START Source data
-- ===== src/Metrics/Store/Rows/Saving.antt =====
-- What a table holds after it was saved.
use tengen.Prelude.{
  String, Bool, true, false, ◌&&◌, ◌||◌, some, List, [], ◌∷◌, ◌≡◌, refl, sym, ap, ◌∙◌, inl, inr,
  if◌then◌else◌, ◌==◌, eq_iff, arith, any, lookup, insert, Bool-cases, some-injective,
}
use tengen.Prelude.{
  String, Bool, true, false, ◌&&◌, ◌||◌, some, List, [], ◌∷◌, ◌≡◌, refl, sym, ap, ◌∙◌, inl, inr,
  if◌then◌else◌, ◌==◌, eq_iff, arith, any, lookup, insert, Bool-cases, some-injective, eq_refl,
  lookup-insert,
}
use tengen.Value.{Value, str, to_text}
use tengen.Text.{partition}
use tengen.Text.Laws.{has_char, partition-append}
use tengen.Metrics.Store.Keys.{named, is_key, is_key-named}
use tengen.Metrics.Store.Buckets.{same_bucket, same_bucket→eq, same_bucket_self}
use tengen.Metrics.Store.{
  Counter, Bucket, MetricsStore, bucket_of, count, bucket_name, buckets, bucket_by_name,
}
use tengen.Metrics.Store.Rows.{Table, row_key, save_bucket, save_buckets}

no_colon : (b : Bucket) → has_char 58 (bucket_name b) ≡ false
no_colon Bucket.route_counts = refl
no_colon Bucket.runbook_success = refl
no_colon Bucket.runbook_error = refl
no_colon Bucket.alert_ingested = refl
no_colon Bucket.dlq_counts = refl
no_colon Bucket.containment_executed = refl
no_colon Bucket.normalization_counts = refl

pub partition-row_key :
    (b : Bucket) (name : String) → partition 58 (row_key b name) ≡ (bucket_name b, name)
partition-row_key b name = partition-append (bucket_name b) name (no_colon b)

pub bucket_by_name-bucket_name : (b : Bucket) → bucket_by_name (bucket_name b) ≡ some b
unfolding bucket_by_name
bucket_by_name-bucket_name Bucket.route_counts = refl
bucket_by_name-bucket_name Bucket.runbook_success = refl
bucket_by_name-bucket_name Bucket.runbook_error = refl
bucket_by_name-bucket_name Bucket.alert_ingested = refl
bucket_by_name-bucket_name Bucket.dlq_counts = refl
bucket_by_name-bucket_name Bucket.containment_executed = refl
bucket_by_name-bucket_name Bucket.normalization_counts = refl

-- No two pairs of a counter and a name share a row.
row_key-injective :
    (b b' : Bucket) (n n' : String) → row_key b n ≡ row_key b' n' → (b ≡ b') × (n ≡ n')
row_key-injective b b' n n' h =
    let p = sym (partition-row_key b n) ∙ ap (partition 58) h ∙ partition-row_key b' n' in
    (
      some-injective (
          sym (bucket_by_name-bucket_name b)
          ∙ ap (λ q. bucket_by_name q.0) p
          ∙ bucket_by_name-bucket_name b'),
      ap (λ q. q.1) p,
    )

differ :
    (b b' : Bucket) (n n' : String)
    → (row_key b n == row_key b' n') ≡ false
    → false ≡ (same_bucket b b' && n == n')
differ b b' n n' h = elim (Bool-cases (same_bucket b b')) [
  | inl p ↦ elim (Bool-cases (n == n')) [
    | inl q ↦
        sym h
        ∙ ap (λ k. k == row_key b' n')
            (ap (λ x. row_key x n) (same_bucket→eq b b' p) ∙ ap (row_key b') ((eq_iff n n').0 q))
        ∙ eq_refl (row_key b' n')
        ∙ rw (p, q) refl
    | inr q ↦ rw (p, q) refl
  ]
  | inr p ↦ rw p refl
]

-- Two rows are one when the counters and the names are.
pub row_key-same :
    (b b' : Bucket) (n n' : String) → (row_key b n == row_key b' n') ≡ (same_bucket b b' && n == n')
row_key-same b b' n n' = elim (Bool-cases (row_key b n == row_key b' n')) [
  | inl h ↦
      let (p, q) = row_key-injective b b' n n' ((eq_iff (row_key b n) (row_key b' n')).0 h) in
      rw (h, p, q, same_bucket_self b', eq_refl n') refl
  | inr h ↦ rw h (differ b b' n n' h)
]

buckets-all : (b : Bucket) → any (λ b'. same_bucket b' b) buckets ≡ true
unfolding same_bucket
buckets-all Bucket.route_counts = refl
buckets-all Bucket.runbook_success = refl
buckets-all Bucket.runbook_error = refl
buckets-all Bucket.alert_ingested = refl
buckets-all Bucket.dlq_counts = refl
buckets-all Bucket.containment_executed = refl
buckets-all Bucket.normalization_counts = refl

-- Whether a counter has the name
abbrev pub has_name : String → Counter → Bool
has_name name [] = false
has_name name ((v, n) ∷ c) = is_key (named name) v || has_name name c

-- Every key of the counter is a text, and none is there twice.
abbrev pub IsNamed : Counter → Type 0
IsNamed [] = Unit
IsNamed ((v, n) ∷ c) = ((name : String) × (v ≡ str name) × (has_name name c ≡ false)) × IsNamed c

module _ (show : Value → String) (now : String) where
  lookup-save_bucket :
      (b b' : Bucket) (name : String) (c : Counter) (rows : Table)
      → IsNamed c
      → lookup (row_key b' name) (save_bucket show now b c rows) ≡ (
          if same_bucket b b' && has_name name c
          then some (count (named name) c, now)
          else lookup (row_key b' name) rows)
  unfolding save_bucket count to_text
  lookup-save_bucket b b' name [] rows h = ground arith
  lookup-save_bucket b b' name ((v, n) ∷ c) rows ((t, p, q), h) =
      rw
        (
          p,
          lookup-save_bucket b b' name c (insert (row_key b t) (n, now) rows) h,
          lookup-insert (row_key b t) (row_key b' name) (n, now) rows,
          row_key-same b b' t name,
          is_key-named name t,
        )
        (elim (Bool-cases (t == name)) [
          | inl e ↦ rw (e, ap (λ x. has_name x c) (sym ((eq_iff t name).0 e)) ∙ q) (ground arith)
          | inr e ↦ rw e (ground arith)
        ])

  lookup-save_buckets :
      (bs : List Bucket) (b : Bucket) (name : String) (s : MetricsStore) (rows : Table)
      → ((b' : Bucket) → IsNamed (bucket_of b' s))
      → lookup (row_key b name) (save_buckets show now bs s rows) ≡ (
          if any (λ b'. same_bucket b' b) bs && has_name name (bucket_of b s)
          then some (count (named name) (bucket_of b s), now)
          else lookup (row_key b name) rows)
  unfolding save_buckets
  lookup-save_buckets [] b name s rows h = ground arith
  lookup-save_buckets (b' ∷ bs) b name s rows h =
      rw
        (
          lookup-save_buckets bs b name s (save_bucket show now b' (bucket_of b' s) rows) h,
          lookup-save_bucket b' b name (bucket_of b' s) rows (h b'),
        )
        (elim (Bool-cases (same_bucket b' b)) [
          | inl e ↦ rw (e, same_bucket→eq b' b e) (ground arith)
          | inr e ↦ rw e (ground arith)
        ])

  -- A saved table holds each name that its counter has with its count, and the others as before.
  pub lookup-save_all :
      (b : Bucket) (name : String) (s : MetricsStore) (rows : Table)
      → ((b' : Bucket) → IsNamed (bucket_of b' s))
      → lookup (row_key b name) (save_buckets show now buckets s rows) ≡ (
          if has_name name (bucket_of b s)
          then some (count (named name) (bucket_of b s), now)
          else lookup (row_key b name) rows)
  lookup-save_all b name s rows h =
      lookup-save_buckets buckets b name s rows h ∙ rw (buckets-all b) refl
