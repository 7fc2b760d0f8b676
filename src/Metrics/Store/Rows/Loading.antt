-- ===== src/Metrics/Store/Rows/Loading.antt =====
-- What a store holds after it was loaded from a table.
use tengen.Prelude.{
  ℕ, String, false, ◌||◌, Option, none, some, [], ◌∷◌, ◌≡◌, refl, sym, ap, subst, ◌∙◌, inl, inr,
  ◌==◌, eq_iff, arith, lookup, Bool-cases,
}
use tengen.Prelude.{lookup_fresh, HasDistinctKeys, IsFresh}
use tengen.Value.{str}
use tengen.Metrics.Store.Keys.{named, is_key, is_key-named, key_of-str, same-named, is_key-same}
use tengen.Metrics.Store.Buckets.{
  same_bucket, same_bucket→eq, count-with_bucket, bucket_of-with_same, bucket_of-with_other,
}
use tengen.Metrics.Store.{Counter, Bucket, MetricsStore, bucket_of, with_bucket, put, count}
use tengen.Metrics.Store.Rows.Saving.{
  IsNamed, has_name, partition-row_key, bucket_by_name-bucket_name, row_key-same,
}
use tengen.Metrics.Store.Rows.{Table, row_key, load_rows, load_row}
use tengen.Metrics.Store.Counting.{count-put}

-- Every row is of a counter and a name.
abbrev pub IsKeyed : Table → Type 0
IsKeyed [] = Unit
IsKeyed ((k, _) ∷ rows) = ((b : Bucket) × (name : String) × (k ≡ row_key b name)) × IsKeyed rows

abbrev pub value_in : Option (ℕ × String) → ℕ → ℕ
value_in none m = m
value_in (some (n, _)) m = n

-- A loaded store counts what the rows say, and the rest as before.
pub count-load_rows :
    (b : Bucket) (name : String) (rows : Table) (s : MetricsStore)
    → IsKeyed rows
    → HasDistinctKeys rows
    → count (named name) (bucket_of b (load_rows rows s))
      ≡ value_in (lookup (row_key b name) rows) (count (named name) (bucket_of b s))
unfolding load_rows lookup
count-load_rows b name [] s h d = refl
count-load_rows b name ((k, (n, t)) ∷ rows) s ((b', name', p), h) (f, d) =
    rw
      (
        p,
        partition-row_key b' name',
        bucket_by_name-bucket_name b',
        count-load_rows b name rows (load_row (some b') name' n s) h d,
        row_key-same b' b name' name,
        count-with_bucket b' b (named name) (put (named name') (str name') n (bucket_of b' s)) s,
        count-put (named name) (named name') (str name') n (bucket_of b' s) (key_of-str name'),
        same-named name name',
      )
      (elim (Bool-cases (same_bucket b' b)) [
        | inl e ↦ elim (Bool-cases (name' == name)) [
          | inl e' ↦
              rw
                (
                  e,
                  e',
                  lookup_fresh (row_key b name) rows (
                      subst (λ x. IsFresh x rows)
                        (p
                          ∙ ap (λ x. row_key x name') (same_bucket→eq b' b e)
                          ∙ ap (row_key b) ((eq_iff name' name).0 e'))
                        f),
                )
                refl
          | inr e' ↦ rw (e, e', same_bucket→eq b' b e) refl
        ]
        | inr e ↦ rw e refl
      ])

has_name-put :
    (t name : String) (n : ℕ) (c : Counter)
    → has_name t (put (named name) (str name) n c) ≡ (name == t || has_name t c)
unfolding put
has_name-put t name n [] = rw (is_key-named t name) refl
has_name-put t name n ((v, m) ∷ c) = elim (Bool-cases (is_key (named name) v)) [
  | inl e ↦ rw (e, is_key-same (named t) (named name) v e, same-named t name) (ground arith)
  | inr e ↦ rw (e, has_name-put t name n c) (ground arith)
]

differs : (name t : String) → is_key (named name) (str t) ≡ false → (name == t) ≡ false
differs name t h = ground (arith, is_key-named name t, eq_iff name t, eq_iff t name)

pub put-IsNamed :
    (name : String) (n : ℕ) (c : Counter) → IsNamed c → IsNamed (put (named name) (str name) n c)
unfolding put
put-IsNamed name n [] h = ((name, refl, refl), tt)
put-IsNamed name n ((v, m) ∷ c) ((t, p, q), h) = elim (Bool-cases (is_key (named name) v)) [
  | inl e ↦ rw e ((t, p, q), h)
  | inr e ↦ rw e (
    (
      t,
      p,
      has_name-put t name n c ∙ rw (q, differs name t (ap (is_key (named name)) (sym p) ∙ e)) refl,
    ),
    put-IsNamed name n c h,
  )
]

-- A name that a counter does not have counts nothing.
pub count_absent :
    (name : String) (c : Counter) → has_name name c ≡ false → count (named name) c ≡ 0
unfolding count
count_absent name [] h = refl
count_absent name ((v, n) ∷ c) h = ground (arith, count_absent name c)

-- What holds of a counter and of those of a store holds when the counter is put in.
pub with_bucket-Each :
    (P : Counter → Type 0) (b : Bucket) (c : Counter) (s : MetricsStore)
    → P c
    → ((b' : Bucket) → P (bucket_of b' s))
    → (b' : Bucket) → P (bucket_of b' (with_bucket b c s))
with_bucket-Each P b c s h k b' = elim (Bool-cases (same_bucket b b')) [
  | inl e ↦
      subst (λ x. P (bucket_of x (with_bucket b c s))) (same_bucket→eq b b' e)
        (subst P (sym (bucket_of-with_same b c s)) h)
  | inr e ↦ subst P (sym (bucket_of-with_other b b' c s e)) (k b')
]

pub load_rows-IsNamed :
    (rows : Table) (s : MetricsStore)
    → IsKeyed rows
    → ((b : Bucket) → IsNamed (bucket_of b s))
    → (b : Bucket) → IsNamed (bucket_of b (load_rows rows s))
unfolding load_rows
load_rows-IsNamed [] s h k = k
load_rows-IsNamed ((key, (n, t)) ∷ rows) s ((b', name, p), h) k =
    rw (p, partition-row_key b' name, bucket_by_name-bucket_name b')
      (load_rows-IsNamed rows (load_row (some b') name n s) h (
        with_bucket-Each (λ c. IsNamed c) b' (put (named name) (str name) n (bucket_of b' s)) s
          (put-IsNamed name n (bucket_of b' s) (k b')) k))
END Source data
• [Problem] Which lines of the listing contain the string "HasDistinctKeys"? Copy each of them.

• [Output of the task]
use tengen.Prelude.{lookup_fresh, HasDistinctKeys, IsFresh}
    → HasDistinctKeys rows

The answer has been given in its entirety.